Zwanzig Jahre war die Geburtshilfe in Thusis mein Zuhause. Zuhause ist ein Ort, wo man liebt, streitet, sich selbst sein darf, eine Gemeinschaft lebt.
Zuhause im Regionalspital gab es vor zwanzig Jahren ein paar wenige Büros, auf den Stationen keine Computer, keine IT-Spezialisten, keine Qualitätsmanager.
Auch früher gab es Zuhause nicht nur Friede, Freude und Eierkuchen. Doch im Zentrum standen wir: die einfachen Gesundheitsfachpersonen und die Patienten und Klienten. Wir waren die Mehrheit.
Fragend hab ich dem Wandel beigewohnt, wollte das Ganze verstehen. Hab mich eingefügt in die studierte Gesellschaft und den wissenschaftlichen Master absolviert. Das hat mich noch mehr traurig gemacht. Ja, Wissenschaft ist wertvoll, doch in diesem System werden oft Liebe, Intuition und Instinkt ausgeblendet. Und diese Wissenschaft ist finanziert - veröffentlicht und beachtet wird das, was lukrativ ist.
Nun stehen wir da und springen ständig neuen Evidenzen nach. Immer mehr Untersuchungen und Empfehlungen für unsere Schwangeren und Familien - gibt das ihnen wirklich Sicherheit? Inwiefern schüren wir damit deren Unsicherheit? Wer sagt den Eltern noch, dass sie auch - nein, dass sie vorallem sich selbst vertrauen dürfen?

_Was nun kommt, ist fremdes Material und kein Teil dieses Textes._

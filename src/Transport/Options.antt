-- ===== src/Transport/Options.antt =====
-- internal/transport/transport.go: the options of a transport, `NewServer` and `NewClient`.
pub mod Accepted
use g_tun.Prelude.{Bytes, codes, bytes_eq, ◌&&◌, Option, none, some, List, [], ◌∷◌, if◌then◌else◌}
use g_tun.Result.{Result, ok, err, ◌>>=◌, ◌>>◌, fail_if, sni_required, handshake_site}
use g_tun.Proto.{Name, parse, quic, stealth, tls}
use g_tun.Net.{split_host_port}
use g_tun.Config.Kcp.{Kcp}
use g_tun.Tls.{TlsFiles, ServerTls, ClientTls, server_config, pinned_client_config}

pub record ServerOptions : Type 0 where
  pub protocol : Name
  pub listen_addr : Bytes
  pub target : Bytes
  pub token : Bytes
  pub cert_path : Bytes
  pub key_path : Bytes
  pub kcp : Kcp
  pub stealth_handshake : Bytes

-- The pool of root certificates is the text of its file.
pub record ClientOptions : Type 0 where
  pub protocol : Name
  pub server_addr : Bytes
  pub listen_addr : Bytes
  pub token : Bytes
  pub cert_path : Bytes
  pub kcp : Kcp
  pub stealth_sni : Bytes
  pub stealth_root_cas : Option Bytes

-- A transport: its options, and the TLS configuration if the protocol uses TLS.
pub record Server : Type 0 where
  pub opts : ServerOptions
  pub tls : Option ServerTls

pub record Client : Type 0 where
  pub opts : ClientOptions
  pub tls : Option ClientTls

abbrev quic_alpn : Bytes
quic_alpn = codes "h3"

unfoldable pub alpn : Name → List Bytes
alpn p = if bytes_eq p quic then quic_alpn ∷ [] else []

splits : Option (Bytes × Bytes) → Result (Unit {0})
splits none = err handshake_site
splits (some p) = ok tt

check_site : ServerOptions → Result (Unit {0})
unfolding splits
check_site o =
    if bytes_eq o.protocol stealth then splits (split_host_port o.stealth_handshake) else ok tt

server_tls : TlsFiles → ServerOptions → Result (Option ServerTls)
unfolding alpn
server_tls files o =
    if tls o.protocol
    then (do
      config ← server_config files o.cert_path o.key_path (alpn o.protocol)
      ok (some config))
    else ok none

unfoldable pub new_server : TlsFiles → ServerOptions → Result Server
unfolding check_site server_tls
new_server files o = do
  parse o.protocol
  check_site o
  config ← server_tls files o
  ok (record { opts = o; tls = config })

client_tls : TlsFiles → ClientOptions → Result (Option ClientTls)
unfolding alpn
client_tls files o =
    if tls o.protocol
    then (do config ← pinned_client_config files o.cert_path (alpn o.protocol); ok (some config))
    else ok none

unfoldable pub new_client : TlsFiles → ClientOptions → Result Client
unfolding client_tls
new_client files o = do
  parse o.protocol
  fail_if (bytes_eq o.protocol stealth && bytes_eq o.stealth_sni []) sni_required
  config ← client_tls files o
  ok (record { opts = o; tls = config })
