-- ===== src/Client/Runner.antt =====
-- internal/client/runner.go: the runner, `apply` and `stop`.
-- Transports are numbered in the order of their starts. A mutex guards both operations, so each is
-- one step.
pub mod Single
pub mod Apply
pub mod Threads
pub mod Slot
use g_tun.Prelude.{
  ℕ, zero, suc, ◌+◌, Bytes, bytes_eq, Bool, true, false, ◌&&◌, not, Option, none, some, List, [],
  ◌∷◌, if◌then◌else◌,
}
use g_tun.Result.{Result, ok, err, ◌>>=◌, read_ca_file, no_certificates}
use g_tun.Net.{join_host_port}
use g_tun.Tls.{TlsFiles}
use g_tun.Config.Kcp.{Kcp, default_kcp}
use g_tun.Config.Client
use g_tun.Control.{Settings, equal}
use g_tun.Transport.Options.{ClientOptions, new_client}
use g_tun.Transport.Options

pub record Running : Type 0 where
  pub settings : Settings
  pub number : ℕ
  pub transport : Options.Client

-- `stopped` holds the transports that were cancelled and waited for.
pub record Runner : Type 0 where
  pub current : Option Running
  pub started : ℕ
  pub stopped : List ℕ

abbrev pub new_runner : Runner
new_runner = record { current = none; started = 0; stopped = [] }

-- The files, whether a PEM text holds a certificate that can be added to a pool
-- (x509.AppendCertsFromPEM), and which transports have given up, their `done` being closed.
pub record World : Type 0 where
  pub files : TlsFiles
  pub has_certificates : Bytes → Bool
  pub done : ℕ → Bool

stop_current : Option Running → Runner → Runner
stop_current none r = r
stop_current (some run) r = record r { current = none; stopped = run.number ∷ r.stopped }

-- `stopLocked`.
unfoldable pub stop : Runner → Runner
unfolding stop_current
stop r = stop_current r.current r

pem_pool : World → Option Bytes → Result Bytes
pem_pool w none = err read_ca_file
pem_pool w (some pem) = if not (w.has_certificates pem) then err no_certificates else ok pem

unfoldable pub load_cert_pool : World → Bytes → Result Bytes
unfolding pem_pool
load_cert_pool w path = pem_pool w (w.files.read_file path)

-- `config.DefaultKCP()`, unless the settings have parameters.
abbrev pub announced_kcp : Option Kcp → Kcp
announced_kcp none = default_kcp
announced_kcp (some k) = k

unfoldable pub client_options : Client.Client → Settings → Option Bytes → ClientOptions
client_options cfg settings roots = record {
  protocol = settings.protocol;
  server_addr = join_host_port cfg.remote_host settings.port;
  listen_addr = cfg.listen_address;
  token = cfg.token;
  cert_path = cfg.tls_cert_path;
  kcp = announced_kcp settings.kcp;
  stealth_sni = cfg.stealth_sni;
  stealth_root_cas = roots;
}

unfoldable pub root_cas : World → Client.Client → Result (Option Bytes)
root_cas w cfg =
    if not (bytes_eq cfg.stealth_ca_file [])
    then (do pool ← load_cert_pool w cfg.stealth_ca_file; ok (some pool))
    else ok none

-- The transport for the settings, or the error of its files.
unfoldable pub make : World → Client.Client → Settings → Result Options.Client
unfolding root_cas client_options
make w cfg settings = do
  roots ← root_cas w cfg
  new_client w.files (client_options cfg settings roots)

run_new : Settings → Result Options.Client → Runner → Result (Unit {0}) × Runner
run_new settings (err e) r = (err e, r)
run_new settings (ok tr) r = (
  ok tt,
  record r {
    current = some (record { settings = settings; number = r.started; transport = tr });
    started = suc r.started;
  },
)

-- The transport that runs has the settings, and has not given up.
unfoldable pub keeps : World → Settings → Option Running → Bool
keeps w settings none = false
keeps w settings (some run) = equal run.settings settings && not (w.done run.number)

unfoldable pub apply : World → Client.Client → Settings → Runner → Result (Unit {0}) × Runner
unfolding run_new
apply w cfg settings r =
    if keeps w settings r.current
    then (ok tt, r)
    else run_new settings (make w cfg settings) (stop r)
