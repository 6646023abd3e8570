-- ===== src/Client/Control.antt =====
-- internal/client/client.go: one control connection, `runControl`, and the start of `runStatic`.
pub mod Trusted
pub mod Agreement
pub mod Static
pub mod Joined
pub mod Matches
use g_tun.Prelude.{Bool, true, false, none}
use g_tun.Result.{Result, ok, err}
use g_tun.Result
use g_tun.Config.Client
use g_tun.Control.{Settings, Json, receive}
use g_tun.Auth.Mac.{Hmac}
use g_tun.Auth.Io.{Io, pure, bind, close, drain, ◌>>=◌, ◌>>◌, return, sets_deadline}
use g_tun.Auth.Handshake.{client_handshake}
use g_tun.Client.Runner.{Runner, World, apply}

-- What `runControl` reports, `established`, and the runner that it leaves.
pub record Attempt : Type 0 where
  pub established : Bool
  pub runner : Runner

pub after_apply : Result (Unit {0}) × Runner → Io Attempt
after_apply (err e, r) = close (pure (record { established = false; runner = r }))
after_apply (ok u, r) = drain (close (pure (record { established = true; runner = r })))

-- The exchange of `runControl`: the handshake and the settings, under one deadline.
unfoldable pub fetch : Hmac → Json → Client.Client → Io (Result Settings)
fetch h json cfg = do
  sets_deadline true Result.set_deadline
  channel ← client_handshake h cfg.token
  announced ← receive h json cfg.token channel
  sets_deadline false Result.set_deadline
  return announced

module _ (w : World) (cfg : Client.Client) where
  after_fetch : Runner → Result Settings → Io Attempt
  unfolding after_apply
  after_fetch r (err e) = close (pure (record { established = false; runner = r }))
  after_fetch r (ok announced) = after_apply (apply w cfg announced r)

  -- `r.apply` at the configured protocol; `runStatic` then waits for the end of the context.
  unfoldable pub run_static : Runner → Result (Unit {0}) × Runner
  run_static r =
      apply w cfg (record { protocol = cfg.protocol; port = cfg.data_port; kcp = none }) r

  -- `runControl` on a connection that was dialed.
  unfoldable pub run_control : Hmac → Json → Runner → Io Attempt
  unfolding after_fetch
  run_control h json r = bind (fetch h json cfg) (after_fetch r)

Und für uns gibt's immer mehr Pflichten, Bürokratie, Computerarbeit, Computerprobleme, Spitalapps auf dem Handy, Datenschutzmassnahmen, Revisionen, Änderungen über Änderungen - im Wochentakt. Sie klauen uns die Zeit für die echte Arbeit. Die Arbeit von Mensch zu Mensch. Die Zeit für Herzensfragen, die Seelsorge und die Selbstermächtigung. Sie klauen uns das Gefühl für unsere persönliche Eigenverantwortung und den Zugang zur eigenen Mitte.

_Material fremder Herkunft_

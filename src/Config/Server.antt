-- ===== src/Config/Server.antt =====
-- internal/config/config.go: the server's configuration and its validation.
use g_tun.Prelude.{
  ◌≤◌, ◌≡◌, refl, ◌≢◌, bytes_ne, ◌↔◌, inl, inr, Bytes, codes, bytes_eq, bytes_eq_iff,
  bytes_eq-cases, length, Bool, true, false, ◌||◌, ◌&&◌, not, Option, none, some, [], arith,
  if◌then◌else◌,
}
use g_tun.Result.{
  Result, ok, err, ◌>>◌, fail_if, >>-inv, fail_if-inv, nil_dereference, ports_equal, tls_paths,
}
use g_tun.Proto.{Name, parse, stealth, tls, udp_based, supported}
use g_tun.Proto.Classes.{IsOneOf, parse_iff}
use g_tun.Config.Kcp.{Kcp, IsUsable, validate_kcp, validate_kcp_sound, validate_kcp_complete}
use g_tun.Config.Fields.{
  IsPort, IsHostPort, validate_port, validate_host_port, validate_token, validate_port_sound,
  validate_host_port_sound, validate_token_sound, validate_port_complete,
  validate_host_port_complete, validate_token_complete,
}

pub record Server : Type 0 where
  pub control_port : Bytes
  pub data_port : Bytes
  pub protocol : Name
  pub target_address : Bytes
  pub token : Bytes
  pub tls_cert_path : Bytes
  pub tls_key_path : Bytes
  pub stealth_handshake_server : Bytes
  -- The pointer: `none` is nil.
  pub kcp : Option Kcp

-- `c.KCP.Validate()` through the pointer.
abbrev validate_pointer : Option Kcp → Result (Unit {0})
validate_pointer none = err nil_dereference
validate_pointer (some k) = validate_kcp k

-- The branch on the stealth protocol, which has no control port.
validate_entry : Server → Result (Unit {0})
validate_entry c =
    if bytes_eq c.protocol stealth
    then validate_host_port (codes "stealth_handshake_server") c.stealth_handshake_server
    else validate_port (codes "control_port") c.control_port

same_port : Server → Bool
same_port c = bytes_eq c.control_port c.data_port && not (udp_based c.protocol)

lacks_files : Server → Bool
lacks_files c = tls c.protocol && (bytes_eq c.tls_cert_path [] || bytes_eq c.tls_key_path [])

unfoldable pub validate : Server → Result (Unit {0})
unfolding validate_entry same_port lacks_files
validate c = do
  parse c.protocol
  validate_port (codes "data_port") c.data_port
  validate_entry c
  fail_if (same_port c) ports_equal
  validate_host_port (codes "xray_inbound_address") c.target_address
  validate_token c.token
  fail_if (lacks_files c) tls_paths
  validate_pointer c.kcp

-- A configuration that the server can run with.
pub record IsValid (c : Server) : Type 0 where
  pub known : IsOneOf c.protocol supported
  pub data_port : IsPort c.data_port
  pub handshake_site :
      c.protocol ≡ stealth
      → IsHostPort (codes "stealth_handshake_server") c.stealth_handshake_server
  pub control_port : c.protocol ≢ stealth → IsPort c.control_port
  pub two_ports : udp_based c.protocol ≡ false → c.control_port ≢ c.data_port
  pub target : IsHostPort (codes "xray_inbound_address") c.target_address
  pub token : 16 ≤ length c.token
  pub tls_files : tls c.protocol ≡ true → (c.tls_cert_path ≢ []) × (c.tls_key_path ≢ [])
  pub kcp : (k : Kcp) × (c.kcp ≡ some k) × IsUsable k

validate_pointer_sound :
    (p : Option Kcp) → validate_pointer p ≡ ok tt → (k : Kcp) × (p ≡ some k) × IsUsable k
validate_pointer_sound none e = cc
validate_pointer_sound (some k) e = (k, refl, validate_kcp_sound k e)

module _ (c : Server) where
  entry_site :
      validate_entry c ≡ ok tt
      → c.protocol ≡ stealth
      → IsHostPort (codes "stealth_handshake_server") c.stealth_handshake_server
  unfolding validate_entry
  entry_site e p = validate_host_port_sound _ _ (rw ((bytes_eq_iff c.protocol stealth).1 p) at e)

  entry-IsPort : validate_entry c ≡ ok tt → c.protocol ≢ stealth → IsPort c.control_port
  unfolding validate_entry
  entry-IsPort e ne = validate_port_sound _ _ (rw (bytes_ne c.protocol stealth ne) at e)

  entry_complete : IsValid c → validate_entry c ≡ ok tt
  unfolding validate_entry
  entry_complete v = elim (bytes_eq-cases c.protocol stealth) [
    | inl (e, p) ↦ rw e (validate_host_port_complete _ _ (v.handshake_site p))
    | inr (e, ne) ↦ rw e (validate_port_complete _ _ (v.control_port ne))
  ]

  ports_sound : same_port c ≡ false → udp_based c.protocol ≡ false → c.control_port ≢ c.data_port
  unfolding same_port
  ports_sound h u e = ground (arith, bytes_eq_iff c.control_port c.data_port)

  ports_complete : IsValid c → same_port c ≡ false
  unfolding same_port
  ports_complete v = ground (arith, v.two_ports, bytes_eq_iff c.control_port c.data_port)

  files_sound :
      lacks_files c ≡ false → tls c.protocol ≡ true → (c.tls_cert_path ≢ []) × (c.tls_key_path ≢ [])
  unfolding lacks_files
  files_sound h t = ground (arith, bytes_eq_iff c.tls_cert_path [], bytes_eq_iff c.tls_key_path [])

  files_complete : IsValid c → lacks_files c ≡ false
  unfolding lacks_files
  files_complete v =
      ground (arith, v.tls_files, bytes_eq_iff c.tls_cert_path [], bytes_eq_iff c.tls_key_path [])

  validate_sound : validate c ≡ ok tt → IsValid c
  unfolding validate
  validate_sound h = >>-inv (parse c.protocol) _ h λ n known h1.
      >>-inv (validate_port _ c.data_port) _ h1 λ _ data_ok h2.
        >>-inv (validate_entry c) _ h2 λ _ entry h3.
          >>-inv (fail_if (same_port c) _) _ h3 λ _ ports h4.
            >>-inv (validate_host_port _ c.target_address) _ h4 λ _ target h5.
              >>-inv (validate_token c.token) _ h5 λ _ token h6.
                >>-inv (fail_if (lacks_files c) _) _ h6 λ _ files kcp. record {
                  known = ((parse_iff c.protocol n).0 known).1;
                  data_port = validate_port_sound _ _ data_ok;
                  handshake_site = entry_site entry;
                  control_port = entry-IsPort entry;
                  two_ports = ports_sound (fail_if-inv _ _ ports);
                  target = validate_host_port_sound _ _ target;
                  token = validate_token_sound _ token;
                  tls_files = files_sound (fail_if-inv _ _ files);
                  kcp = validate_pointer_sound c.kcp kcp;
                }

  validate_complete : IsValid c → validate c ≡ ok tt
  unfolding validate
  validate_complete v =
      rw
        (
          (parse_iff c.protocol c.protocol).1 (refl, v.known),
          validate_port_complete (codes "data_port") c.data_port v.data_port,
          entry_complete v,
          ports_complete v,
          validate_host_port_complete (codes "xray_inbound_address") c.target_address v.target,
          validate_token_complete c.token v.token,
          files_complete v,
          v.kcp.1,
        )
        (validate_kcp_complete v.kcp.0 v.kcp.2)

  -- The server's `validate` accepts exactly the configurations with a supported protocol, a port
  -- number, the handshake site (for stealth) or a control port (for the others), two different
  -- port texts unless the protocol is UDP based, a target with host and port, a token of 16 bytes
  -- or more, both files if the protocol needs a certificate, and usable KCP parameters.
  pub server_validate_iff : (validate c ≡ ok tt) ↔ IsValid c
  server_validate_iff = (validate_sound, validate_complete)
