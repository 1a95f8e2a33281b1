-- ===== src/Mobility/Tests.antt =====
-- A base class that sets the position in its second stage, and where a node is then.
use omnetpp_federate.Prelude.{
  ℕ, ◌≡◌, refl, inl, inr, Bool, Bool-cases, true, false, ◌==◌, ◌&&◌, [], ◌∷◌, if◌then◌else◌,
}
use omnetpp_federate.Prelude.Int.{ℤ, pos, eq_ℤ}
use omnetpp_federate.Messages.{Coord}
use omnetpp_federate.Mobility.{Mobility, set_external_id, set_next_position, set_initial_position}
use omnetpp_federate.Mobility.Initial.{BaseLaws, through, through-set_next_position}

abbrev is_nil : Coord ℕ → Bool
is_nil c = c.x == 0 && (c.y == 0 && c.z == 0)

abbrev initial : Mobility ℕ ℕ → Mobility ℕ ℕ
initial m = record m { last_position = record { x = 1; y = 1; z = 1 } }

abbrev base : ℤ → Mobility ℕ ℕ → Mobility ℕ ℕ
base stage m = if eq_ℤ stage (pos 1) then set_initial_position is_nil initial m else m

base-BaseLaws : BaseLaws is_nil initial base
base-BaseLaws = record {
  keeps_or_sets = λ stage m. elim (Bool-cases (eq_ℤ stage (pos 1))) [
    | inl e ↦ inr (rw e refl)
    | inr e ↦ inl (rw e refl)
  ];
}

abbrev fresh : Mobility ℕ ℕ
fresh = record {
  external_id = pos 0;
  last_position = record { x = 0; y = 0; z = 0 };
  last_orientation = 0;
  changes = 0;
  debug = false;
}

abbrev begun : Mobility ℕ ℕ
begun =
    through is_nil initial base true (pos 0 ∷ pos 1 ∷ pos 2 ∷ [])
      (set_next_position (record { x = 3; y = 4; z = 0 }) (set_external_id (pos 7) fresh))

through-set_next_position_example : begun.last_position ≡ record { x = 3; y = 4; z = 0 }
through-set_next_position_example =
    through-set_next_position is_nil initial base base-BaseLaws true (pos 0 ∷ pos 1 ∷ pos 2 ∷ [])
      (pos 7) 3 4 0 fresh refl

Und diese Änderungen kosten. Die Digitalisierung kostet. Die Spezialisierung kostet. Die unzähligen Geräte kosten. Die nicht endenden Umbauten, die vielen neuen Büros kosten. Die Büroangestellten kosten. Die "Wissenschaft" kostet. Die Akademisierten kosten. Darunter wird die einfache Grundversorgung unbezahlbar.
Das Gesundheitswesen entgleist digitalisierungsabhängig, luxusgeil, kontrollmanisch, spezialisierungswahnsinnig, pharmalobbyistisch, datenschutzirrsinnig und überverstudiert - was alles nicht bedeutet gesund reflektiert.

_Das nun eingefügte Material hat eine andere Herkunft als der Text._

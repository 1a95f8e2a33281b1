-- ===== src/Run/Words.antt =====
-- What a run of src/mgmt/MosaicEventScheduler.cc and src/mgmt/MosaicScenarioManager.cc sends to the
-- ambassador, byte for byte: the channel is that of src/util/ClientServerChannel.cc.
use Prim.Native.String.{String}
use mathlib.Core.List.{append_assoc, append-nil}
use omnetpp_federate.Prelude.{ℕ, ◌≡◌, ◌∙◌, sym, ap, Bool, true, false, List, [], ◌∷◌, ◌++◌}
use omnetpp_federate.Prelude.Int.{ℤ, pos, to_u32}
use omnetpp_federate.Messages.{MosaicAppPacket}
use omnetpp_federate.Channel.Types.{Cmd, cmd_next_event, cmd_end, cmd_msg_recv, ReceiveMessage}
use omnetpp_federate.Channel.Convert.{channel_to_proto_channel}
use omnetpp_federate.Channel.System.{Sockets, Codec, StreamLaws}
use omnetpp_federate.Channel.Write.{
  time_frame, command_frame, framed, write_command, write_time_message, write_receive_message,
}
use omnetpp_federate.Channel.Interface.{Channel, client_server_channel}
use omnetpp_federate.Scheduler.Simulation.{Kernel, Event}
use omnetpp_federate.Scheduler.Commands.{channel_of_int}
use omnetpp_federate.Scheduler.{Scheduler, Junk}
use omnetpp_federate.Scheduler.Protocol.{Says, idle, ask, hear, Talk, quiet, next}
use omnetpp_federate.Scenario.{Manager, Creator}
use omnetpp_federate.Scenario.Reports.Told.{report_of}
use omnetpp_federate.Run.{Session, over, advance, report, Run, Run-Session}

-- A message for the ambassador.
pub data Said : Type 0 where
  wants : ℤ → Said  -- NEXT_EVENT at this time
  ends : ℤ → Said  -- END of the time advance at this time
  received : ReceiveMessage → Said

-- The words of the protocol, from an open or a closed grant to an open or a closed one. The grant is
-- opened by the ambassador.
pub data IsWord : Bool → List Said → Bool → Type 0 where
  nothing : {b : Bool} → IsWord b [] b
  granted : {b : Bool} {ws : List Said} → IsWord true ws b → IsWord false ws b
  ended : {b : Bool} {ws : List Said} (t : ℤ) → IsWord false ws b → IsWord true (ends t ∷ ws) b
  asked :
      {b : Bool} {ws : List Said} (t u : ℤ)
      → IsWord false ws b
      → IsWord true (wants t ∷ ends u ∷ ws) b
  reported :
      {b : Bool} {ws : List Said} (m : ReceiveMessage)
      → IsWord true ws b
      → IsWord true (received m ∷ ws) b

module _ {D S : Type 0} (os : Sockets S) (codec : Codec D) where
  -- A message is the frame of its command and the frame of its body.
  abbrev bytes_of : Said → List ℕ
  bytes_of (wants t) = command_frame os codec cmd_next_event ++ time_frame os codec t
  bytes_of (ends t) = command_frame os codec cmd_end ++ time_frame os codec t
  bytes_of (received m) =
      command_frame os codec cmd_msg_recv ++ framed os codec (codec.serialize_receive m)

  abbrev pub spelled : List Said → List ℕ
  spelled [] = []
  spelled (w ∷ ws) = bytes_of w ++ spelled ws

module _ {D T F S : Type 0} (k : Kernel D T F) (os : Sockets S) (codec : Codec D)
    (stream : StreamLaws os) (prepare : String → ℕ → S → ℤ × S) (accept close : S → S)
    (byte : ℕ) where
  open stream use {sent}

  abbrev channel : Channel D S
  channel = client_server_channel prepare accept close os codec byte

  -- The bytes between two states of the channel spell a word.
  abbrev Spells : Bool → S → Bool → S → Type 0
  Spells b c b' c' = (ws : List Said) × IsWord b ws b' × (sent c' ≡ sent c ++ spelled os codec ws)

  timed :
      (cmd : Cmd) (t : ℤ) (c : S)
      → sent (write_time_message os codec t (write_command os codec cmd c))
        ≡ sent c ++ (command_frame os codec cmd ++ time_frame os codec t)
  unfolding write_command write_time_message
  timed cmd t c = two_sends (command_frame os codec cmd) (time_frame os codec t) c
    where
      two_sends : (x y : List ℕ) (c : S) → sent (os.send y (os.send x c)) ≡ sent c ++ (x ++ y)
      two_sends x y c = simp (stream.send-sent, append_assoc)

  -- One message more in front.
  longer :
      (w : Said) (ws : List Said) (c c1 c2 : S)
      → sent c1 ≡ sent c ++ bytes_of os codec w
      → sent c2 ≡ sent c1 ++ spelled os codec ws
      → sent c2 ≡ sent c ++ spelled os codec (w ∷ ws)
  longer w ws c c1 c2 e f =
      f
      ∙ ap (λ (l : List ℕ). l ++ spelled os codec ws) e
      ∙ append_assoc (sent c) (bytes_of os codec w) (spelled os codec ws)

  Says-Spells :
      (cur : T) {b b1 b2 : Bool} {c c1 c2 : S}
      → Says k channel cur b c b1 c1
      → Spells b1 c1 b2 c2
      → Spells b c b2 c2
  Says-Spells cur {c = c} {c2 = c2} idle (ws, word, e) = (
    ends (k.in_ns cur) ∷ ws,
    ended (k.in_ns cur) word,
    longer (ends (k.in_ns cur)) ws c _ c2 (timed cmd_end (k.in_ns cur) c) e,
  )
  Says-Spells cur {c = c} {c2 = c2} (ask t) (ws, word, e) =
      let between : S =
        write_time_message os codec (k.in_ns t) (write_command os codec cmd_next_event c) in
      (
        wants (k.in_ns t) ∷ ends (k.in_ns cur) ∷ ws,
        asked (k.in_ns t) (k.in_ns cur) word,
        longer (wants (k.in_ns t)) (ends (k.in_ns cur) ∷ ws) c between c2
            (timed cmd_next_event (k.in_ns t) c)
            (longer (ends (k.in_ns cur)) ws between _ c2 (timed cmd_end (k.in_ns cur) between) e),
      )
  Says-Spells cur (hear {b = true}) (ws, word, e) = (ws, granted word, e)
  Says-Spells cur (hear {b = false}) (ws, word, e) = (ws, word, e)

  Talk-Spells :
      (cur : T) {b b1 b2 : Bool} {c c1 c2 : S}
      → Talk k channel cur b c b1 c1
      → Spells b1 c1 b2 c2
      → Spells b c b2 c2
  Talk-Spells cur quiet rest = rest
  Talk-Spells cur (next says talk) rest = Says-Spells cur says (Talk-Spells cur talk rest)

  -- What is reported of a packet.
  abbrev reception : Event D T → MosaicAppPacket → ReceiveMessage
  reception e p = record {
    time = k.in_ns e.arrival_time;
    node_id = to_u32 p.node_id;
    channel_id = channel_to_proto_channel (channel_of_int p.channel_id);
    message_id = to_u32 p.msg_id;
    rssi = pos 0;
  }

  report_of-spelled :
      (e : Event D T) (p : MosaicAppPacket) (c : S)
      → sent (report_of k channel e p c) ≡ sent c ++ bytes_of os codec (received (reception e p))
  unfolding write_command write_receive_message
  report_of-spelled e p c =
      stream.send-sent _ _
      ∙ ap (λ (l : List ℕ). l ++ framed os codec (codec.serialize_receive (reception e p)))
          (stream.send-sent _ _)
      ∙ append_assoc (sent c) _ _

  Session-Spells : {b b' : Bool} {c c' : S} → Session k channel b c b' c' → Spells b c b' c'
  Session-Spells {c = c} over = ([], nothing, sym (append-nil (sent c)))
  Session-Spells (advance cur talk session) = Talk-Spells cur talk (Session-Spells session)
  Session-Spells {c = c} {c' = c'} (report e p q session) =
      let (ws, word, h) = Session-Spells session in
      (
        received (reception e p) ∷ ws,
        reported (reception e p) word,
        longer (received (reception e p)) ws c (report_of k channel e p c) c'
            (report_of-spelled e p c) h,
      )

  -- All that a run sends to the ambassador are messages in frames, and these are a word of the
  -- protocol: under an open grant any number of receptions, and then the end of the time advance, alone
  -- or behind one wanted time; behind that nothing before the ambassador has opened the grant again.
  pub Run-IsWord :
      {Q : Type 0} (junk : Junk D) (create : Creator D Q) {s t : Manager D Q (Scheduler T F S)}
      → Run k channel junk create s t
      → (ws : List Said) × IsWord s.sched.time_advancing ws t.sched.time_advancing
        × (sent t.sched.federate_ambassador
            ≡ sent s.sched.federate_ambassador ++ spelled os codec ws)
  Run-IsWord junk create run = Session-Spells (Run-Session k channel junk create run)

Regionalspitäler und viele wertvolle Angebote kämpfen darin ums Überleben. Und nun wird mein Zuhause, ein alternativer Geburtsort, wohl geschlossen.
Nein, eigentlich war es gar nicht mehr mein Zuhause. Ich hatte bereits begonnen, mich mehr und mehr an den Rand des Systems zurückzuziehen. Selbstständig. Ich versuche am Rand des wilden Stroms ruhige Ecken zu finden. Versuche von dort die Menschen in dieser verrückten Welt zu stärken. Damit sie selbstermächtigt zurück in ihre eigene und urtümliche Kraft finden. Ich glaube das ist heilsam. Für mich - und für meine Mitmenschen.
(Nachtrag Sept.24: die Geburtshilfe in Thusis wird wiederbelebt, sobald wieder genügend Personal gefunden ist. Die Finanzierung bleibt schwierig - die Zukunft ungewiss. Die Probleme der kleinen persönlichen Spitäler in dem heutigen Drive bleiben bedrohlich. Ich bleibe selbstständig und freue mich, wenn ich in Thusis wieder einfach als externe Beleghebamme arbeiten darf.)